| Source: University of Auckland (UoA)
GPs who rate themselves as ‘compassionate’ don’t necessarily have patients who agree.
A doctor who believes they are offering compassionate care doesn’t necessarily mean their patients feel cared for, according to new research out of Waipapa Taumata Rau, University of Auckland. While patients appreciate an accurate diagnosis, a clean clinic, decent quality testing and effective treatment, they also want to feel cared for, says Professor Nathan Consedine, a health psychologist in the School of Medicine at Waipapa Taumata Rau, University of Auckland. Consedine says the assumption has been that increasing compassion in providers will lead to patients feeling more cared for. However, whether it actually does so has not been studied. In a recent study, Consedine and colleagues investigated whether doctors who felt they were compassionate had patients for whom correspondingly felt cared for. The researchers surveyed more than a thousand anonymous patients about their experience of primary care, got ratings about their experience of compassion, and concluded by asking for the contact details of their GP. The researchers then contacted their GP separately and asking them to answer questions about their practice, how compassionate they were, and so on. More than 200 GPs (40 percent of those asked) completed the questionnaire.

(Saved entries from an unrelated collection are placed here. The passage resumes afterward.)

-- ===== src/Tests/Bindings.antt =====
-- The theorems on the Python module of the file maps, at a session with two objects and a composition.
use buildpal.Prelude.{
  ℕ, ◌≡◌, refl, ap, sym, inl, inr, true, false, not, some, List, [], ◌∷◌, All, arith, units, ◌==◌,
  if◌then◌else◌, ℕ_discrete,
}
use buildpal.Prelude.Assoc.{lookup, erase, insert_new}
use buildpal.MapFiles.Mapping.{DirMap, add_file}
use buildpal.MapFiles.Maps.{created, create_file_map, destroy_file_map}
use buildpal.MapFiles.Maps.Ids.{map_of}
use buildpal.MapFiles.Bindings.{
  Session, value, PyObject, file_map_new, file_map_init, composition_new, composition_init,
  composition_create_process, all_file_maps, add_mapping, c_str,
}
use buildpal.MapFiles.Bindings.Owned.{IsOwned, Given}
use buildpal.MapFiles.Bindings.Steps.{
  no_objects, Reach, here, next, new, init, compose_new, compose_init, Reach-IsOwned,
}
use buildpal.MapFiles.Bindings.Objects.{
  MapsOf, IsInitialised, composition_create_process-created, add_mapping-own,
}
use buildpal.Tests.Systems.{paths}

abbrev made : Session
made = file_map_new no_objects 16

abbrev first : Session
first = file_map_init made 16

abbrev second : Session
second = file_map_new first 32

abbrev both : Session
both = file_map_init second 32

abbrev composed : Session
composed = composition_new both 48

abbrev args : List PyObject
args = PyObject.file_map 32 ∷ PyObject.file_map 16 ∷ []

abbrev ready : Session
ready = (composition_init composed 48 args).0

-- the arguments live
lives : (a : ℕ) → Given a args → (n : ℕ) × (both.file_maps a ≡ some n)
unfolding file_map_new file_map_init create_file_map destroy_file_map
lives a g = elim g [
  | inl e ↦ (2, ap both.file_maps (sym e))
  | inr h ↦ elim h [ inl e ↦ (1, ap both.file_maps (sym e)) | inr none_left ↦ absurd none_left ]
]

reached : Reach paths no_objects ready
unfolding file_map_new file_map_init create_file_map destroy_file_map composition_new
reached =
    next
      (next
        (next
          (next (next (next here (new no_objects 16 refl)) (init made 16 (omega arith)))
            (new first 32 refl))
          (init second 32 (omega arith)))
        (compose_new both 48 refl))
      (compose_init composed 48 args lives)

tuple : ready.compositions 48 ≡ some (some (32 ∷ 16 ∷ []))
unfolding composition_init composition_new all_file_maps
tuple = refl

initialised : All (IsInitialised ready) (32 ∷ 16 ∷ [])
unfolding composition_init composition_new all_file_maps file_map_new file_map_init create_file_map
    destroy_file_map
initialised = (λ e. ground arith, (λ e. ground arith, tt))

Reach-IsOwned_example : IsOwned ready
Reach-IsOwned_example = Reach-IsOwned paths ready reached

composition_create_process-created_example :
    (ms : List DirMap) × MapsOf ready (32 ∷ 16 ∷ []) ms
    × (composition_create_process ready 48 false true ≡ value (created ms (not false)))
composition_create_process-created_example =
    composition_create_process-created paths ready 48 (32 ∷ 16 ∷ []) false reached tuple initialised

number_16 : ready.file_maps 16 ≡ some 1
unfolding composition_init composition_new all_file_maps file_map_new file_map_init create_file_map
    destroy_file_map
number_16 = refl

number_32 : ready.file_maps 32 ≡ some 2
unfolding composition_init composition_new all_file_maps file_map_new file_map_init create_file_map
    destroy_file_map
number_32 = refl

empty_32 : map_of ready.hooks 2 ≡ some []
unfolding composition_init composition_new all_file_maps file_map_new file_map_init create_file_map
    destroy_file_map lookup insert_new erase ℕ_discrete
empty_32 = refl

add_mapping-own_example :
    map_of (add_mapping paths ready 16 (units "c:/a.h") (units "d:/b.h")).0.hooks 2
    ≡ some (
        if 16 == 32
        then add_file paths [] (c_str (units "c:/a.h")) (c_str (units "d:/b.h"))
        else [])
add_mapping-own_example =
    add_mapping-own paths ready 16 32 1 2 (units "c:/a.h") (units "d:/b.h") [] reached number_16
      (omega arith) number_32 (omega arith) empty_32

To the researcher’s surprise, doctors who rated themselves as more compassionate were not necessarily experienced as more caring by their patients. See Journal of General Internal Medicine. In fact, there was no systematic link between a doctor’s compassion and the patient’s experience of care. These findings suggest that a patient’s experience of compassion may or may not be related to their physicians’ self-assessed compassion. Consedine says: “If you think about something analogous, like love languages, people like to be loved in diverse ways – some need touch, some need actions, some need words. “So, assuming the same behaviour will have the same effect on everyone is misguided. “You know that there will be age differences, gender differences, cultural differences, in what people need.” This points to a need for further research to understand how compassion manifests in the things that doctors do to communicate compassion and how patients interpret these behaviours, Consedine says.